# self employed "children's books writer/illustrator"



## free.will77 (Apr 13, 2012)

Hi there

I know it's hard to answer but can anyone tell me which country is better for someone like me? art wise? New zealand, Canada, Australia? the whole art thing is really important to me. 

the other factors I'm thinking about:
it is the weather, if it's too cold, you have to stay home, and for me, soon will fall into depression. because I need to be with people, hearing them talk and live, just give me a feeling of being alive. not actually talking to them just watching them and feel that I'm not alone.

the friendliness, I don't like to be left alone, friendly quick answers and smiley faces, which tell you, you're welcome is enough.

the peace, not so concerned about money making because I'm currently facing one and had been before, but the peace and kindness are the most important factors to me. 

and it maybe sounds stupid but could you tell me how much work experience do you need at least to get qualify in order to assess your application? for New zealand? I need it for my husband who's industrial manager...

guys thank you for reading this, sorry if it's too long. really sorry.

Bahareh (it means spring season)


----------



## topcat83 (Apr 16, 2009)

free.will77 said:


> Hi there
> 
> I know it's hard to answer but can anyone tell me which country is better for someone like me? art wise? New zealand, Canada, Australia? the whole art thing is really important to me.
> 
> ...


Hi Bahareh (BTW, lovely name!)

NZ (especially in the North) will be warmer than Canada! I can say this with feeling, as we visited Canada (Rockies) last year in late May and there was still lots of snow on the ground....Brrr.

We find NZ'ers very friendly - but we've also found Australians friendly when we've visited there too. Me - I love the scenery here, and the fact you can plough into the shrubs in the garden without fear of being bitten by something deadly!
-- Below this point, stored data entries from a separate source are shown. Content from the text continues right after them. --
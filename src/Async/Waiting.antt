-- ===== src/Async/Waiting.antt =====
-- When a call on the queue does not wait, and what it then returns.
use logparse.Base.{◌⊎◌, inl, inr, ◌<◌, ◌≡◌, ◌≢◌, refl, ap, true, false, none, some, arith, length}
use logparse.Queue
use logparse.Queue.{Queue}
use logparse.Queue.Fifo.{PushResult, PopResult}
use logparse.Queue.Inv.{IsValid, push-IsValid, pop-IsValid, PushedValid, PoppedValid}
use logparse.Queue.Refine.{length-items}
use logparse.Record.{LogRecord}
use logparse.Async.Queueing.{pop-record, pop-nothing}

module _ (q : Queue LogRecord) (v : IsValid q) where
  -- What a `pop` that does not wait returns.
  abbrev pub PopMade : Type 0
  PopMade =
      ((r : LogRecord) × (q'' : Queue LogRecord) × (Queue.pop q ≡ PopResult.returned (some r) q''))
      ⊎ ((q'' : Queue LogRecord) × (Queue.pop q ≡ PopResult.returned none q''))

  pop_made :
      (x : PopResult (Queue LogRecord) LogRecord)
      → Queue.pop q ≡ x
      → PoppedValid x
      → x ≢ PopResult.blocked
      → PopMade
  pop_made PopResult.blocked e h n = absurd (n refl)
  pop_made PopResult.fault e h n = absurd h
  pop_made (PopResult.returned none q') e h n = inr (q', e)
  pop_made (PopResult.returned (some r) q') e h n = inl (r, q', e)

  closed-ne-blocked : q.is_shutdown ≡ true → Queue.pop q ≢ PopResult.blocked
  unfolding Queue.pop
  closed-ne-blocked h = ground arith

  filled-ne-blocked : 0 < q.size → Queue.pop q ≢ PopResult.blocked
  unfolding Queue.pop
  filled-ne-blocked h = ground arith

  -- A queue that is shut down does not keep the worker waiting.
  pub pop-closed : q.is_shutdown ≡ true → PopMade
  pop-closed h = pop_made (Queue.pop q) refl (pop-IsValid q v) (closed-ne-blocked h)

  -- A queue with a record hands one out.
  pub pop-filled :
      0 < q.size
      → (r : LogRecord) × (q' : Queue LogRecord) × (Queue.pop q ≡ PopResult.returned (some r) q')
  pop-filled h = elim (pop_made (Queue.pop q) refl (pop-IsValid q v) (filled-ne-blocked h)) [
    | inl popped ↦ popped
    | inr (q', e) ↦ absurd (omega (arith, length-items q v, ap length (pop-nothing q q' v e).1))
  ]

  push_made :
      (r : LogRecord) (x : PushResult (Queue LogRecord))
      → Queue.push q r ≡ x
      → PushedValid x
      → x ≢ PushResult.blocked
      → ((q' : Queue LogRecord) → x ≢ PushResult.returned false q')
      → (q' : Queue LogRecord) × (Queue.push q r ≡ PushResult.returned true q')
  push_made r PushResult.blocked e h n k = absurd (n refl)
  push_made r PushResult.fault e h n k = absurd h
  push_made r (PushResult.returned true q') e h n k = (q', e)
  push_made r (PushResult.returned false q') e h n k = absurd (k q' refl)

  pub roomy-ne-blocked : (r : LogRecord) → q.size < q.capacity → Queue.push q r ≢ PushResult.blocked
  unfolding Queue.push
  roomy-ne-blocked r h = ground arith

  roomy-ne-refused :
      (r : LogRecord) (q' : Queue LogRecord)
      → q.size < q.capacity
      → q.is_shutdown ≡ false
      → Queue.push q r ≢ PushResult.returned false q'
  unfolding Queue.push
  roomy-ne-refused r q' h k = ground arith

  -- An open queue with a free slot takes a record.
  pub push-roomy :
      (r : LogRecord)
      → q.size < q.capacity
      → q.is_shutdown ≡ false
      → (q' : Queue LogRecord) × (Queue.push q r ≡ PushResult.returned true q')
  push-roomy r h k =
      push_made r (Queue.push q r) refl (push-IsValid q r v) (roomy-ne-blocked r h)
        (λ q'. roomy-ne-refused r q' h k)

-- What makes a producer wait.
pub push-blocked :
    (q : Queue LogRecord) (r : LogRecord)
    → IsValid q
    → Queue.push q r ≡ PushResult.blocked
    → 0 < q.size
unfolding Queue.push
push-blocked q r v e = let pos = v.positive in ground arith

pop-capacity :
    (q q' : Queue LogRecord) (r : LogRecord)
    → Queue.pop q ≡ PopResult.returned (some r) q'
    → q'.capacity ≡ q.capacity
unfolding Queue.pop
pop-capacity q q' r e = ground arith

-- A queue that a record was popped from has a free slot.
pub pop-roomy :
    (q q' : Queue LogRecord) (r : LogRecord)
    → IsValid q
    → Queue.pop q ≡ PopResult.returned (some r) q'
    → q'.size < q'.capacity
pop-roomy q q' r v e = omega (arith, v.size_in, (pop-record q q' v r e).3, pop-capacity q q' r e)
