-- ===== src/Async/Track.antt =====
-- What the flags, the queue and the worker of src/async_backend.cpp say of one another.
use logparse.Base.{ℕ, ◌≡◌, ◌≢◌, ◌<◌, size_mod, refl, ap, ◌∙◌, sym, Bool, true, false, List}
use logparse.Async.{
  Async, make_async, Worker, counted, at_drain, drain_holds, drain_wrote, at_flush, ended,
  not_stopped, joining, Event,
}
use logparse.Async.Queueing.{push-taken, push-refused, pop-record, pop-nothing}
use logparse.Async.Steps.{
  Step, push_taken, push_refused, count, test_running, test_stopped, pop_record, pop_nothing, write,
  count_processed, all_processed, notify, not_all_processed, drain_record, drain_nothing,
  drain_write, drain_count, last_flush, flush_waits, wakes, flush_passes, stop_flag, stop_shutdown,
  Run, start, then_step,
}
use logparse.Backend.{Backend}
use logparse.Config.{OverflowPolicy}
use logparse.Platform.{Platform}
use logparse.Queue.{shutdown, init}
use logparse.Queue.Inv.{IsValid, init-IsValid}
use logparse.Queue.Run.{shutdown-IsValid}
use logparse.Record.{LogRecord}

-- Whether the worker has left its first loop.
abbrev pub has_left : Worker → Bool
has_left at_drain = true
has_left (drain_holds r) = true
has_left (drain_wrote r) = true
has_left at_flush = true
has_left ended = true
has_left _ = false

-- The count that the worker compares is the one that it made.
abbrev pub CountIs : Worker → ℕ → Type 0
CountIs (counted k) n = k ≡ n
CountIs _ n = Unit

pub record Tracked (s : Async) : Type 0 where
  pub valid : IsValid s.queue
  pub halted : s.stopper ≢ not_stopped → s.running ≡ false
  pub closed : s.stopper ≡ joining → s.queue.is_shutdown ≡ true
  pub accepting : s.stopper ≢ joining → s.queue.is_shutdown ≡ false
  pub count_is : CountIs s.worker s.processed
  pub left : has_left s.worker ≡ true → s.running ≡ false

-- A step that leaves the flags alone.
moved :
    {s t : Async}
    → t.running ≡ s.running
    → t.stopper ≡ s.stopper
    → IsValid t.queue
    → t.queue.is_shutdown ≡ s.queue.is_shutdown
    → CountIs t.worker t.processed
    → (has_left t.worker ≡ true → s.running ≡ false)
    → Tracked s
    → Tracked t
moved run stop v shut c l k = record {
  valid = v;
  halted = λ h. run ∙ k.halted (λ e. h (stop ∙ e));
  closed = λ h. shut ∙ k.closed (sym stop ∙ h);
  accepting = λ h. shut ∙ k.accepting (λ e. h (stop ∙ e));
  count_is = c;
  left = λ h. run ∙ l h;
}

module _ {Tm : Type 0} (os : Platform Tm) where
  pub Step-Tracked : {s t : Async} {e : Event} → Step os s e t → Tracked s → Tracked t
  Step-Tracked {s} (push_taken r q e) k =
      let n = push-taken s.queue q k.valid r e in moved refl refl n.0 n.6 k.count_is k.left k
  Step-Tracked {s} (push_refused r q e) k =
      let same = push-refused s.queue q k.valid r e in
      moved refl refl (rw same k.valid) (ap (λ x. x.is_shutdown) same) k.count_is k.left k
  Step-Tracked (count n e) k = moved refl refl k.valid refl k.count_is k.left k
  Step-Tracked (test_running w e) k = moved refl refl k.valid refl tt (λ h. cc h) k
  Step-Tracked (test_stopped w e) k = moved refl refl k.valid refl tt (λ h. e) k
  Step-Tracked {s} (pop_record r q w e) k =
      let n = pop-record s.queue q k.valid r e in moved refl refl n.0 n.4 tt (λ h. cc h) k
  Step-Tracked {s} (pop_nothing q w e) k =
      let same = (pop-nothing s.queue q k.valid e).0 in
      moved refl refl (rw same k.valid) (ap (λ x. x.is_shutdown) same) tt (λ h. cc h) k
  Step-Tracked (write r w) k = moved refl refl k.valid refl tt (λ h. cc h) k
  Step-Tracked (count_processed r w) k = moved refl refl k.valid refl refl (λ h. cc h) k
  Step-Tracked (all_processed n w e) k = moved refl refl k.valid refl tt (λ h. cc h) k
  Step-Tracked (notify w) k = moved refl refl k.valid refl tt (λ h. cc h) k
  Step-Tracked (not_all_processed n w e) k = moved refl refl k.valid refl tt (λ h. cc h) k
  Step-Tracked {s} (drain_record r q w e) k =
      let n = pop-record s.queue q k.valid r e in moved refl refl n.0 n.4 tt (λ h. k.left (rw w)) k
  Step-Tracked {s} (drain_nothing q w e) k =
      let same = (pop-nothing s.queue q k.valid e).0 in
      moved refl refl (rw same k.valid) (ap (λ x. x.is_shutdown) same) tt (λ h. k.left (rw w)) k
  Step-Tracked (drain_write r w) k = moved refl refl k.valid refl tt (λ h. k.left (rw w)) k
  Step-Tracked (drain_count r w) k = moved refl refl k.valid refl tt (λ h. k.left (rw w)) k
  Step-Tracked (last_flush w) k = moved refl refl k.valid refl tt (λ h. k.left (rw w)) k
  Step-Tracked (flush_waits e) k = moved refl refl k.valid refl k.count_is k.left k
  Step-Tracked (wakes n e) k = moved refl refl k.valid refl k.count_is k.left k
  Step-Tracked (flush_passes e) k = moved refl refl k.valid refl k.count_is k.left k
  Step-Tracked (stop_flag e) k = record {
    valid = k.valid;
    halted = λ h. refl;
    closed = λ h. cc h;
    accepting = λ h. k.accepting (λ j. cc (k.halted (λ i. cc (i, j)), e));
    count_is = k.count_is;
    left = λ h. refl;
  }
  Step-Tracked {s} (stop_shutdown e) k = record {
    valid = shutdown-IsValid k.valid;
    halted = λ h. k.halted (λ i. cc (i, e));
    closed = λ h. unfold shutdown in refl;
    accepting = λ h. absurd (h refl);
    count_is = k.count_is;
    left = k.left;
  }

  pub Run-Tracked : {s t : Async} {es : List Event} → Run os s es t → Tracked s → Tracked t
  Run-Tracked start k = k
  Run-Tracked (then_step r st e) k = Step-Tracked st (Run-Tracked r k)

pub make_async-Tracked :
    (b : Backend) (n : ℕ) (p : OverflowPolicy) (blank : LogRecord)
    → 0 < n
    → n < size_mod
    → Tracked (make_async b n p blank)
unfolding make_async init
make_async-Tracked b n p blank pos h = record {
  valid = init-IsValid blank n p pos h;
  halted = λ e. absurd (e refl);
  closed = λ e. cc e;
  accepting = λ e. refl;
  count_is = tt;
  left = λ e. cc e;
}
Your best bet on qualifications etc and point calculation is to look at Immigration New Zealand.

Good luck!


----------



## free.will77 (Apr 13, 2012)

thank you for replying and sharing your experience, I was looking around and reading the other thread and I found you as a person who pays attention and gives time to answer, you actually did it again and I was kinda hoping that it was you who replied, anyway thank you million times. 

yeah I agree but I don't know if we qualify,,, see, my husband has a MS in industrial engineering and I myself have BS in environmental engineering but I'm doing what I was supposed to do, writing for children which I love. on the site you mentioned I didn't actually say that how many years of experience at least, you must have to become qualify to apply. so if you know please tell me, so I can do something about it. (for my husband). I can't wait here any longer, but I assume we have to wait. 

and the other way is student visa which the cost of education would make it impossible to think about it for both of us. 

do you have any other idea to stimulate the process? 
could a self employed person be a main applicant? if so how many years of experience do I need?

sorry I don't have anybody here to ask these question, I hope you forgive me for that,

thank you in advance and wish you the best

Bahareh


----------



## topcat83 (Apr 16, 2009)

free.will77 said:


> thank you for replying and sharing your experience, I was looking around and reading the other thread and I found you as a person who pays attention and gives time to answer, you actually did it again and I was kinda hoping that it was you who replied, anyway thank you million times.
> 
> yeah I agree but I don't know if we qualify,,, see, my husband has a MS in industrial engineering and I myself have BS in environmental engineering but I'm doing what I was supposed to do, writing for children which I love. on the site you mentioned I didn't actually say that how many years of experience at least, you must have to become qualify to apply. so if you know please tell me, so I can do something about it. (for my husband). I can't wait here any longer, but I assume we have to wait.
> 
> ...


Hi there
I think it would be difficult to start off self employed over here - it's much easier to get a visa if you have a job offer. However you could look at an Investor visa. See Review of the Essential Skills in Demand Lists

But it may be worth pursuing your husband's application - with an MSc in Industrial Engineering this will help. Try filling in the points indicator for him (in 'toolbox' on the right hand panel of Skilled Migrant Category) and see how he does.


----------



## free.will77 (Apr 13, 2012)

Hi there

thank you for the reply, and I'm checking the site you mentioned. I hope they accept because, in long term skill in demand, industrial engineering is included and my husband bachelor degree is industrial engineering not the Ms. I don't know. 
so it sounds risky if I become a main applicant, as I see there's no visa for self employed for that category. 

thank you for your help. I'm hoping I can find a way. 

have a nice time

Bahareh


----------